Dataset items:
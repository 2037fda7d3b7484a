-- ===== src/Roles/Protection.antt =====
-- Which roles an organization can change (apps/backend/src/modules/roles/roles.service.ts).
use shipment_tracking_system.Prelude.{
  Option, true, false, ◌≡◌, ◌≢◌, sym, ◌∙◌, ap, List, [], ◌∷◌, All, In, All-In, All-append, All-save,
  All-filter, In-filter, In-append_left, In-save_other, not, ◌==◌, inl, inr, ◌⊎◌, arith,
}
use shipment_tracking_system.Identity.{Uuid, Role, Store, Platform, PlatformLaws}
use shipment_tracking_system.Roles.{
  CreateRoleDto, UpdateRoleDto, AssignRoleDto, create, update, delete, assign_permissions,
  assign_role, revoke_role, assigned, is_in,
}
use shipment_tracking_system.Roles.Writes.{
  update_cases, delete_cases, create_cases, assign_permissions-roles, assign_role-roles,
}

-- The table has the role `r`, and no other row with its id.
abbrev pub Holds : Role → Store → Type 0
Holds r s = In r s.roles × All (λ v. v.id ≡ r.id → v ≡ r) s.roles

-- A request of a caller with the organization `org`, which a super admin does not have, to the service; new roles get an id that is not `k`.
pub data Request (p : Platform) (k : Uuid) (org : Option Uuid) : Store → Store → Type 0 where
  creates :
      (dto : CreateRoleDto) (actor new_id : Uuid) (s : Store)
      → new_id ≢ k
      → Request p k org s (create p dto org actor new_id s).1
  updates :
      (id : Uuid) (dto : UpdateRoleDto) (actor : Uuid) (s : Store)
      → Request p k org s (update p id dto org actor s).1
  deletes : (id actor : Uuid) (s : Store) → Request p k org s (delete p id org actor s).1
  assigns_permissions :
      (id : Uuid) (permission_ids : List Uuid) (actor : Uuid) (s : Store)
      → Request p k org s (assign_permissions p id permission_ids org actor s).1
  assigns_role :
      (dto : AssignRoleDto) (actor : Uuid) (s : Store)
      → Request p k org s (assign_role p dto org actor s).1
  revokes_role :
      (user_id role_id actor : Uuid) (s : Store)
      → Request p k org s (revoke_role p user_id role_id org actor s).1

-- Requests of such callers, one after another.
pub data Requests (p : Platform) (k : Uuid) : List (Option Uuid) → Store → Store → Type 0 where
  here : {s : Store} → Requests p k [] s s
  next :
      {org : Option Uuid} {orgs : List (Option Uuid)} {s t u : Store}
      → Request p k org s t
      → Requests p k orgs t u
      → Requests p k (org ∷ orgs) s u

module _ (p : Platform) (laws : PlatformLaws p) where
  -- A row that a request may change is not the protected one.
  other_id :
      (sys r : Role) (s : Store) (org : Option Uuid)
      → (sys.is_system ≡ true) ⊎ (is_in org sys ≡ false)
      → Holds sys s
      → In r s.roles
      → r.is_system ≡ false
      → is_in org r ≡ true
      → r.id ≢ sys.id
  other_id sys r s org protected h m free o e =
      let same = All-In (λ v. v.id ≡ sys.id → v ≡ sys) r s.roles h.1 m e in
      elim protected [
        | inl system ↦ absurd (ground (arith, free, same, system))
        | inr foreign ↦ absurd (cc (sym foreign ∙ ap (is_in org) (sym same) ∙ o))
      ]

  -- One request leaves a protected role as it is.
  Request-Holds :
      (sys : Role) (org : Option Uuid) {s t : Store}
      → (sys.is_system ≡ true) ⊎ (is_in org sys ≡ false)
      → Holds sys s
      → Request p sys.id org s t
      → Holds sys t
  unfolding revoke_role
  Request-Holds sys org protected h (creates dto actor new_id s fresh) =
      elim (create_cases p laws dto org actor new_id s) [
        | inl same ↦ rw same h
        | inr (r, is_new, wrote) ↦
            let Kept = λ (v : Role). v.id ≡ sys.id → v ≡ sys in
            rw wrote (
              In-append_left sys s.roles (r ∷ []) h.0,
              All-append Kept s.roles (r ∷ []) h.1 ((λ e. absurd (fresh (sym is_new ∙ e))), tt),
            )
      ]
  Request-Holds sys org protected h (updates id dto actor s) =
      elim (update_cases p laws id dto org actor s) [
        | inl same ↦ rw same h
        | inr (r, m, free, o, wrote) ↦
            let Kept = λ (v : Role). v.id ≡ sys.id → v ≡ sys in
            let ne = other_id sys r s org protected h m free o in
            rw wrote (
              In-save_other (λ v. v.id) sys (assigned dto r) s.roles (λ e. ne (sym e)) h.0,
              All-save Kept (λ v. v.id) (assigned dto r) s.roles (λ e. absurd (ne e)) h.1,
            )
      ]
  Request-Holds sys org protected h (deletes id actor s) =
      elim (delete_cases p laws id org actor s) [
        | inl same ↦ rw same h
        | inr (r, m, free, o, wrote) ↦
            let Kept = λ (v : Role). v.id ≡ sys.id → v ≡ sys in
            let ne = other_id sys r s org protected h m free o in
            rw wrote (
              In-filter (λ v. not (v.id == r.id)) sys s.roles h.0 (ground (arith, ne)),
              All-filter Kept (λ v. not (v.id == r.id)) s.roles h.1,
            )
      ]
  Request-Holds sys org protected h (assigns_permissions id ids actor s) =
      rw (assign_permissions-roles p laws id ids org actor s) h
  Request-Holds sys org protected h (assigns_role dto actor s) =
      rw (assign_role-roles p laws dto org actor s) h
  Request-Holds sys org protected h (revokes_role user_id role_id actor s) = h

-- A system role stays as it is through any requests to the service, of a super admin too, and so does
-- any role through the requests of callers who all have an organization other than the role's: no
-- update, deletion or assignment changes its row. Ids are unique, and new roles get new ids. A caller
-- without an organization, as a super admin is, is not among those callers.
pub protected_role_stays :
    (p : Platform) (laws : PlatformLaws p) (sys : Role) (orgs : List (Option Uuid)) (s t : Store)
    → (sys.is_system ≡ true) ⊎ All (λ org. is_in org sys ≡ false) orgs
    → Holds sys s
    → Requests p sys.id orgs s t
    → Holds sys t
protected_role_stays p laws sys [] s t protected h here = h
protected_role_stays p laws sys (org ∷ orgs) s t protected h (next first rest) =
    let one : (sys.is_system ≡ true) ⊎ (is_in org sys ≡ false) = elim protected [
      | inl system ↦ inl system
      | inr foreign ↦ inr foreign.0
    ] in
    let more : (sys.is_system ≡ true) ⊎ All (λ o. is_in o sys ≡ false) orgs = elim protected [
      | inl system ↦ inl system
      | inr foreign ↦ inr foreign.1
    ] in
    protected_role_stays p laws sys orgs _ t more (Request-Holds p laws sys org one h first) rest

# What the exercise asks:
Give the number of lines in the records that contain the string "deletes", and nothing besides.

# Finished exercise:
2